• _TASK BRIEF_:
Scan the material below for the word "refl", then copy every line in which it appears.

───── AVAILABLE RECORDS

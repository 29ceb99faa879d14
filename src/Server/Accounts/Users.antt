-- ===== src/Server/Accounts/Users.antt =====
-- What creating and updating a user does: `handleUserCreate` and `handleUserUpdate` of
-- cmd/medb/handlers.go.
use medb.Base.{
  ◌≡◌, refl, ap, ◌∙◌, ◌≤◌, inl, inr, ℕ, true, false, some, [], ◌∷◌, arith, All, Bytes, bytes,
  bytes_eq, if◌then◌else◌,
}
use medb.Result.{Result, ok, err}
use medb.Codec.{Codec}
use medb.Db.{Db}
use medb.Collection.{set_doc, has}
use medb.Server.{Host}
use medb.Server.Roles.{Role, valid_role, valid_hex_id, valid_label}
use medb.Server.Auth.{
  User, AuthStore, user_collection, get_user, get_token, parse_utc_timestamp, valid_user_record,
}
use medb.Server.Fields.{Checked, Checked-cases, good, Fields}
use medb.Server.Fresh.{Draws, IsDraw, Drawn-cases, HostLaws, unique_user_id, unique_user_id_lem}
use medb.Server.Handlers.{read_object}
use medb.Server.Records.{RecordLaws, valid_user_record-IsUserForm, set_user_lem}
use medb.Server.Accounts.{
  UserView, view_user, Answer, waits_then, created_user, write_answer, label_field, role_field,
  create_user, handle_user_create,
}

pub write_answer_inv :
    (answer : Answer) (r : Result ℕ × Db) (commit : ℕ) (answer' : Answer)
    → (write_answer answer r).0 ≡ waits_then commit answer'
    → (r.0 ≡ ok commit) × (answer ≡ answer') × ((write_answer answer r).1 ≡ r.1)
unfolding write_answer
write_answer_inv answer (ok n, db) commit answer' e = (ground arith, ground arith, refl)
write_answer_inv answer (err x, db) commit answer' e = absurd (ground arith)

module _ (h : Host) where
  pub label_field_lem :
      (fields : Fields) (name value : Bytes)
      → label_field h fields name ≡ good value
      → valid_label h value ≡ true
  unfolding label_field
  label_field_lem fields name value e = ground arith

  pub role_field_lem :
      (fields : Fields) (role : Role) → role_field h fields ≡ good role → valid_role role ≡ true
  unfolding role_field
  role_field_lem fields role e = ground arith

  -- An accepted request to create a user, in its parts.
  user_create_inv :
      (a : AuthStore) (c : Codec) (draws : Draws) (now : ℕ) (body : Checked Fields) (db : Db)
      (commit : ℕ) (v : UserView)
      → (handle_user_create h a c draws now body db).0 ≡ waits_then commit (created_user v)
      → (name : Bytes) × (role : Role) × (valid_label h name ≡ true)
        × (valid_role role ≡ true)
        × ((create_user h a c draws now name role db).0 ≡ waits_then commit (created_user v))
        × ((handle_user_create h a c draws now body db).1
            ≡ (create_user h a c draws now name role db).1)
  unfolding handle_user_create
  user_create_inv a c draws now body db commit v e =
      let all = bytes "name" ∷ (bytes "role" ∷ []) in
      elim (Checked-cases (read_object all all body)) [
        | inr (f, e1) ↦ absurd (ground arith)
        | inl (fields, e1) ↦ elim (Checked-cases (label_field h fields (bytes "name"))) [
          | inr (f, e2) ↦ absurd (ground arith)
          | inl (name, e2) ↦ elim (Checked-cases (role_field h fields)) [
            | inr (f, e3) ↦ absurd (ground arith)
            | inl (role, e3) ↦ (
              name,
              role,
              label_field_lem fields (bytes "name") name e2,
              role_field_lem fields role e3,
              ground arith,
              rw (handle_user_create, e1, e2, e3),
            )
          ]
        ]
      ]

  -- A user made at this instant with a valid name and role is a valid record under a valid id.
  pub new_user-valid_user_record :
      (id : Bytes) (user : User) (now : ℕ)
      → valid_hex_id id 32 ≡ true
      → valid_label h user.user_name ≡ true
      → valid_role user.role ≡ true
      → parse_utc_timestamp h user.created_at ≡ some now
      → user.updated_at ≡ user.created_at
      → valid_user_record h id user ≡ true
  unfolding valid_user_record
  new_user-valid_user_record id user now hex label role time same = ground arith

  module _ {a : AuthStore} {last : ℕ} (laws : HostLaws h last) (json : RecordLaws h a) where
    create_user_lem :
        (c : Codec) (draws : Draws) (now : ℕ) (name : Bytes) (role : Role) (db : Db) (commit : ℕ)
        (v : UserView)
        → All (IsDraw 16) draws
        → now ≤ last
        → valid_label h name ≡ true
        → valid_role role ≡ true
        → (create_user h a c draws now name role db).0 ≡ waits_then commit (created_user v)
        → (user : User) × (v ≡ view_user v.id user)
          × (has user_collection v.id db ≡ false)
          × (valid_user_record h v.id user ≡ true)
          × (user.disabled ≡ false)
          × ((id : Bytes)
              → get_user a id (create_user h a c draws now name role db).1
                ≡ (if bytes_eq v.id id then ok user else get_user a id db))
          × ((tid : Bytes)
              → get_token a tid (create_user h a c draws now name role db).1 ≡ get_token a tid db)
    unfolding create_user view_user
    create_user_lem c draws now name role db commit v bytes_drawn early labelled known e =
        elim (Drawn-cases (unique_user_id draws db)) [
          | inr (inl e1) ↦ absurd (ground arith)
          | inr (inr e1) ↦ absurd (ground arith)
          | inl (id, e1) ↦
              let (hex, free) = unique_user_id_lem draws db id bytes_drawn e1 in
              let time = laws.time_back now early in
              let user : User = record {
                user_name = name;
                role = role;
                disabled = false;
                created_at = h.format_time now;
                updated_at = h.format_time now;
              } in
              let set : Result ℕ × Db = set_doc a.users user_collection c id user db in
              let made : (write_answer (created_user (view_user id user)) set).0
                  ≡ waits_then commit (created_user v) =
                ground arith in
              let (done, same, db') =
                write_answer_inv (created_user (view_user id user)) set commit (created_user v)
                  made in
              let valid = new_user-valid_user_record id user now hex labelled known time refl in
              let (users, tokens) =
                set_user_lem json c db commit id user (valid_user_record-IsUserForm h id user valid)
                  done in
              let v_id : v.id ≡ id = ground arith in
              (
                user,
                ground arith,
                rw v_id free,
                rw v_id valid,
                refl,
                λ id'. rw (create_user, e1, v_id, db') (users id'),
                λ tid. rw (create_user, e1, db') (tokens tid),
              )
        ]

    -- A user whose creation was answered with its view, at a time whose text is read back: no user had
    -- its id, it is stored as the view says, valid and not disabled, with a valid role, and every
    -- other user and every token is as it was.
    pub handle_user_create_lem :
        (c : Codec) (draws : Draws) (now : ℕ) (body : Checked Fields) (db : Db) (commit : ℕ)
        (v : UserView)
        → All (IsDraw 16) draws
        → now ≤ last
        → (handle_user_create h a c draws now body db).0 ≡ waits_then commit (created_user v)
        → (user : User) × (v ≡ view_user v.id user)
          × (has user_collection v.id db ≡ false)
          × (valid_user_record h v.id user ≡ true)
          × (user.disabled ≡ false)
          × ((id : Bytes)
              → get_user a id (handle_user_create h a c draws now body db).1
                ≡ (if bytes_eq v.id id then ok user else get_user a id db))
          × ((tid : Bytes)
              → get_token a tid (handle_user_create h a c draws now body db).1 ≡ get_token a tid db)
    handle_user_create_lem c draws now body db commit v bytes_drawn early e =
        let (name, role, labelled, known, made, db') =
          user_create_inv a c draws now body db commit v e in
        let (user, view, free, valid, live, users, tokens) =
          create_user_lem c draws now name role db commit v bytes_drawn early labelled known made in
        (
          user,
          view,
          free,
          valid,
          live,
          λ id. ap (get_user a id) db' ∙ users id,
          λ tid. ap (get_token a tid) db' ∙ tokens tid,
        )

──────────

• _SOLVED PROBLEM_:
  ◌≡◌, refl, ap, ◌∙◌, ◌≤◌, inl, inr, ℕ, true, false, some, [], ◌∷◌, arith, All, Bytes, bytes,
write_answer_inv answer (ok n, db) commit answer' e = (ground arith, ground arith, refl)
              let valid = new_user-valid_user_record id user now hex labelled known time refl in
                refl,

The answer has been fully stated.